Sarà perché “non è empatico” (copyright del presidente Sandro Cretoni), di sicuro neanche un discreto mediatore visto che anche alla riunione di oggi con i dem – che gli tendevano comunque una mano non fosse che per ascoltare quanto avesse da proporre – ha tentato, invano, di dettare la propria linea. Quasi come una partita di poker in cui il giocatore che ha solo una coppia di “7” tenta il bluff rilanciando.
L’incontro è durato poco più di un’ora.

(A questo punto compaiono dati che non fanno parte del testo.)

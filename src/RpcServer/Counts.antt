-- ===== src/RpcServer/Counts.antt =====
-- src/RpcServer.cpp and include/ConcurrencyLimiter.h: slots are taken and given back.
use my_rpc_project.Base.{
  ℕ, zero, suc, ◌+◌, ◌^◌, ◌≤◌, ◌<◌, ◌≡◌, refl, sym, subst, ◌⊎◌, inl, inr, Bool, true, List, [], ◌∷◌,
  ◌++◌, Option, none, some, length, length-append, if_elim, Bool-cases, Option-cases, ◌==◌, ◌||◌,
  arith,
}
use my_rpc_project.Protocol.{Status, RpcHeader}
use my_rpc_project.Framer.{Message}
use my_rpc_project.Serializer.{Value}
use my_rpc_project.Serializer.Reader.{Read, exhausted, malformed, gives}
use my_rpc_project.RpcServer.{
  RpcServer, Router, ConcurrencyLimiter, Delivery, RequestContext, idle_server, try_acquire,
  release, admit, request_of, release_slot, send_message, send_response, on_message, start_request,
  handle_request, on_done, begin_stop, find_method, set_max_concurrency,
}
use my_rpc_project.RpcServer.Events.{
  Event, receives, executes, finishes, begins_stop, take_at, put_back, execute, finish, step, run,
}

take_at-length :
    {A : Type 0} (i : ℕ) (xs : List A) (x : A) (rest : List A)
    → take_at i xs ≡ some (x, rest)
    → length xs ≡ length rest + 1
unfolding take_at
take_at-length i [] x rest e = cc
take_at-length zero (y ∷ xs) x rest e = ground arith
take_at-length (suc i) (y ∷ xs) x rest e =
    go (take_at i xs) (λ z zs found. take_at-length i xs z zs found) refl e
  where
    go :
        (o : Option (_ × List _))
        → ((z : _) (zs : List _) → take_at i xs ≡ some (z, zs) → length xs ≡ length zs + 1)
        → take_at i xs ≡ o
        → put_back y o ≡ some (x, rest)
        → suc (length xs) ≡ length rest + 1
    go none ih found same = cc
    go (some (z, zs)) ih found same = ground (arith, ih z zs found)

module _ (limit : ℕ) where
  -- There is a limiter with this limit, which counts `n` requests and allows them; 0 is no limit.
  Bounded : Option ConcurrencyLimiter → ℕ → Type 0
  Bounded none n = ⊥
  Bounded (some l) n =
      (l.max ≡ limit) × ((limit ≡ 0) ⊎ ((l.current ≡ n) × (n ≤ limit) × (limit < 2 ^ 64)))

  -- `n` slots are taken.
  record Holding (n : ℕ) (s : RpcServer) : Type 0 where
    inflight_is : s.inflight ≡ n
    bounded : Bounded s.limiter n

  acquired :
      (l : Option ConcurrencyLimiter) (n : ℕ)
      → Bounded l n
      → (admit l).0 ≡ true
      → Bounded (admit l).1 (n + 1)
  unfolding Bounded admit try_acquire
  acquired none n b e = absurd b
  acquired (some l) n b e = ground arith

  released :
      (l : ConcurrencyLimiter) (n : ℕ) → Bounded (some l) (n + 1) → Bounded (some (release l)) n
  unfolding Bounded release
  released l n b = ground arith

  no_limiter : (n : ℕ) → Bounded none n → ⊥
  unfolding Bounded
  no_limiter n b = b

  release_slot-Holding : (n : ℕ) (s : RpcServer) → Holding (n + 1) s → Holding n (release_slot s)
  unfolding release_slot
  release_slot-Holding n s h = record {
    inflight_is = omega (arith, h.inflight_is);
    bounded = elim (Option-cases s.limiter) [
      | inl e ↦ absurd (no_limiter (n + 1) (subst (λ o. Bounded o (n + 1)) e h.bounded))
      | inr (l, e) ↦ rw e (released l n (subst (λ o. Bounded o (n + 1)) e h.bounded))
    ];
  }

  -- The requests whose handlers have not finished are the ones that are counted.
  record Counted (s : RpcServer) : Type 0 where
    held : Holding (length s.running) s

  sent_more : (s : RpcServer) (conn : ℕ) (m : Message) → Counted s → Counted (send_message s conn m)
  sent_more s conn m c = record {
    held = record { inflight_is = c.held.inflight_is; bounded = c.held.bounded };
  }

  send_response-Counted :
      (s : RpcServer) (conn : ℕ) (h : RpcHeader) (trace_id : ℕ) (status : Status)
      → Counted s
      → Counted (send_response s conn h trace_id status)
  unfolding send_response
  send_response-Counted s conn h trace_id status c =
      if_elim Counted (h.msg_type == 2) c (sent_more s conn _ c)

  give_back : (s : RpcServer) → Holding (length s.running + 1) s → Counted (release_slot s)
  unfolding release_slot
  give_back s h = record { held = release_slot-Holding (length s.running) s h }

  joined :
      (s : RpcServer) (ctx : RequestContext)
      → Holding (length s.running + 1) s
      → Counted (record s { running = s.running ++ (ctx ∷ []) })
  joined s ctx h = record {
    held =
        subst (λ n. Holding n (record s { running = s.running ++ (ctx ∷ []) }))
          (sym (length-append s.running (ctx ∷ [])))
          (record { inflight_is = h.inflight_is; bounded = h.bounded });
  }

  start_request-Counted :
      (s : RpcServer) (d : Delivery) (trace_id now : ℕ)
      → Holding (length s.running + 1) s
      → Counted (start_request s d trace_id now)
  unfolding start_request
  start_request-Counted s d trace_id now h =
      go (request_of d.message.body) (find_method s.router d.message.header.method_id) refl refl
    where
      go :
          (r : Read Value) (f : Option ℕ)
          → request_of d.message.body ≡ r
          → find_method s.router d.message.header.method_id ≡ f
          → Counted (start_request s d trace_id now)
      go exhausted f e p =
          rw (e, start_request)
            (send_response-Counted (release_slot s) d.conn d.message.header trace_id
              Status.serialization_error (give_back s h))
      go malformed f e p =
          rw (e, start_request)
            (send_response-Counted (release_slot s) d.conn d.message.header trace_id
              Status.serialization_error (give_back s h))
      go (gives v) none e p =
          rw (e, p, start_request)
            (send_response-Counted (release_slot s) d.conn d.message.header trace_id
              Status.method_not_found (give_back s h))
      go (gives v) (some handler) e p =
          rw (e, p, start_request)
            (joined s
              (record {
                conn = d.conn;
                header = d.message.header;
                trace_id = trace_id;
                start = now;
                handler = handler;
                request = v;
              })
              h)

  handle_request-Counted :
      (s : RpcServer) (d : Delivery) (fresh now : ℕ)
      → Counted s
      → Counted (handle_request s d fresh now)
  unfolding handle_request
  handle_request-Counted s d fresh now c =
      if_elim Counted s.stopping (send_response-Counted s d.conn d.message.header _ _ c)
        (elim (Bool-cases (admit s.limiter).0) [
          | inl ok ↦ rw ok (
              start_request-Counted
                (record s { limiter = (admit s.limiter).1; inflight = s.inflight + 1 }) d _ now
                (record {
                  inflight_is = omega (arith, c.held.inflight_is);
                  bounded = acquired s.limiter (length s.running) c.held.bounded ok;
                }))
          | inr full ↦ rw full (send_response-Counted s d.conn d.message.header _ _ c)
        ])

  on_message-Counted :
      (s : RpcServer) (conn : ℕ) (m : Message) → Counted s → Counted (on_message s conn m)
  unfolding on_message
  on_message-Counted s conn m c = if_elim Counted (m.header.msg_type == 3) (sent_more s conn _ c) (
      if_elim Counted (m.header.msg_type == 0 || m.header.msg_type == 2)
        (if_elim Counted s.stopping (send_response-Counted s conn m.header 0 Status.shutting_down c)
          (record { held = record { inflight_is = c.held.inflight_is; bounded = c.held.bounded } }))
        c)

  on_done-Counted :
      (s : RpcServer) (ctx : RequestContext) (status : Status) (response : Value) (now : ℕ)
      (alive : Bool)
      → Holding (length s.running + 1) s
      → Counted (on_done s ctx status response now alive)
  unfolding on_done
  on_done-Counted s ctx status response now alive h =
      let c = give_back s h in
      if_elim Counted (ctx.header.msg_type == 2) c
        (if_elim Counted alive (sent_more (release_slot s) ctx.conn _ c) c)

  finish-Counted :
      (s : RpcServer) (o : Option (RequestContext × List RequestContext)) (i : ℕ) (status : Status)
      (response : Value) (now : ℕ) (alive : Bool)
      → take_at i s.running ≡ o
      → Counted s
      → Counted (finish s o status response now alive)
  unfolding finish
  finish-Counted s none i status response now alive e c = c
  finish-Counted s (some (ctx, rest)) i status response now alive e c =
      on_done-Counted (record s { running = rest }) ctx status response now alive
        (subst (λ n. Holding n (record s { running = rest }))
          (take_at-length i s.running ctx rest e)
          (record { inflight_is = c.held.inflight_is; bounded = c.held.bounded }))

  execute-Counted :
      (s : RpcServer) (o : Option (Delivery × List Delivery)) (fresh now : ℕ)
      → Counted s
      → Counted (execute s o fresh now)
  unfolding execute
  execute-Counted s none fresh now c = c
  execute-Counted s (some (d, rest)) fresh now c =
      handle_request-Counted (record s { tasks = rest }) d fresh now
        (record { held = record { inflight_is = c.held.inflight_is; bounded = c.held.bounded } })

  run-Counted : (s : RpcServer) (es : List Event) → Counted s → Counted (run s es)
  unfolding run step begin_stop
  run-Counted s [] c = c
  run-Counted s (receives conn m ∷ es) c =
      run-Counted (on_message s conn m) es (on_message-Counted s conn m c)
  run-Counted s (executes i fresh now ∷ es) c =
      run-Counted (execute s (take_at i s.tasks) fresh now) es
        (execute-Counted s (take_at i s.tasks) fresh now c)
  run-Counted s (finishes i status response now alive ∷ es) c =
      run-Counted (finish s (take_at i s.running) status response now alive) es
        (finish-Counted s (take_at i s.running) i status response now alive refl c)
  run-Counted s (begins_stop ∷ es) c =
      run-Counted (begin_stop s) es
        (record { held = record { inflight_is = c.held.inflight_is; bounded = c.held.bounded } })

-- A server with methods and a limit, before the first message.
unfoldable pub configured : Router → ℕ → RpcServer
configured router n = set_max_concurrency (record idle_server { router = router }) n

-- Over any events of a server with the limit `n`, the handlers that run and have not finished are
-- counted by `inflight_`, and there are at most `n` of them, unless `n` is 0.
pub run-limited :
    (router : Router) (n : ℕ) (es : List Event)
    → n < 2 ^ 64
    → let s = run (configured router n) es in
      (s.inflight ≡ length s.running) × ((n ≡ 0) ⊎ (length s.running ≤ n))
unfolding Bounded configured set_max_concurrency
run-limited router n es h =
    let start : Counted n (configured router n) = record {
      held = record { inflight_is = refl; bounded = (refl, inr (refl, omega arith, h)) };
    } in
    let c = run-Counted n (configured router n) es start in
    (
      c.held.inflight_is,
      within (run (configured router n) es).limiter (length (run (configured router n) es).running)
          c.held.bounded,
    )
  where
    within : (o : Option ConcurrencyLimiter) (k : ℕ) → Bounded n o k → (n ≡ 0) ⊎ (k ≤ n)
    within none k b = absurd b
    within (some l) k (same, inl e) = inl e
    within (some l) k (same, inr (e, fits, small)) = inr fits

All’inizio era rimasto su toni più che cordiali.
Ma appena si è passati ad affrontare la questione della crisi di governo cittadino, gli animi si sono andati sempre più surriscaldando.
A guidare il Pd c’era il capogruppo Stefano Lisci con i consiglieri Marco Trippetti, Carla Erbaioli, Camilla Laureti e Daniela Tosti in rappresentanza del partito.
Dall’altra parte del tavolo, solo, il primo cittadino, che ha sottoposto agli interlocutori un paio di pagine di programma su cui intende proseguire la consigliatura.
Due pagine definite dai bene informati una sorta di programma elettorale, come quelli che si scrivono per conquistare voti: nessun progetto concreto, nessuna nuova iniziativa, nessun cronoprogramma. Lasciando di stucco anche coloro che invece temevano di trovarsi di fronte a un libro di sogni. Neanche quello.
Il piddì ha provato a ricordare che già al primo incontro, quello di gennaio, avevano posto quale condizione minima l’apertura ufficiale della crisi con le dimissioni del sindaco, l’azzeramento della giunta, a seguire una analisi di alcuni punti programmatici e solo allora decidere se apparentarsi.
Ma solo a sentire l’ipotesi di dimettersi, De Augustinis ha cominciato a perdere le staffe. Non ha escluso che la Giunta possa rassegnare le dimissioni, ma lui non ci pensa di sicuro.
Dunque va avanti, costi quel che costi.
Poi ha chiaramente detto che quelle due pagine rappresenteranno il cuore del discorso che terrà in Consiglio comunale il prossimo 11 marzo – giorno in cui si discuterà e voterà la mozione di sfiducia -, chi ci vorrà stare sarà il ben accetto.
Un po’ pochino per convincere i 15 che finora non hanno fatto un solo passo indietro, a parte qualche rara eccezione che a questo punto cade nel dimenticatoio.
Con il passare dei minuti le voci si sono fatte sempre più ‘importanti’ tanto che, complici le due finestre della sala rimaste aperte, non era difficile seguire l’incontro-scontro anche dalla strada. Ad un certo punto erano almeno in tre a parlarsi uno sopra l’altro.
“Ci vuole però che ogni tanto ascolti”, “non puoi pensare di fare sempre come credi” gli hanno detto più di una volta gli ospiti.
Il sindaco è rimasto impassibile, anche se, trovatosi sotto attacco, ha fatto la mossa di abbandonare il tavolo, rinunciando al tentativo quasi all’istante.
Dunque la riunione su cui erano accesi i riflettori di tutta la città si è conclusa con un clamoroso nulla di fatto.
Che ha finalmente chiarito ai dem che questo matrimonio non s’ha da fare. Anzi c’è chi all’interno della base sospetta che quella di oggi sia stata quasi una trappola per indebolire l’immagine del partito.
La parola ‘fine’ la dirà comunque domani sera, venerdì 25, l’assemblea degli iscritti del partito democratico che, non bastasse, aveva già fatto sapere di non essere più di tanto d’accordo ad un secondo colloquio, visto come era finito il primo. Facile quindi anticipare l’epilogo.
Dunque, a meno di clamorosi quanto improbabili colpi di scena (i firmatari del centro destra e delle liste civiche restano fermi sulla decisione; al pd è bastata la prova di oggi), la sfiducia ormai e cosa più che certa.
Tutto da capire il ruolo che il primo cittadino ha voluto giocare anche oggi, nel momento più tremendo della crisi che lo vede da ottobre scorso perdere pezzi da tutte le parti, tanto da annoverare ormai solo 8, forse 9, fedelissimi. Su 25 eletti.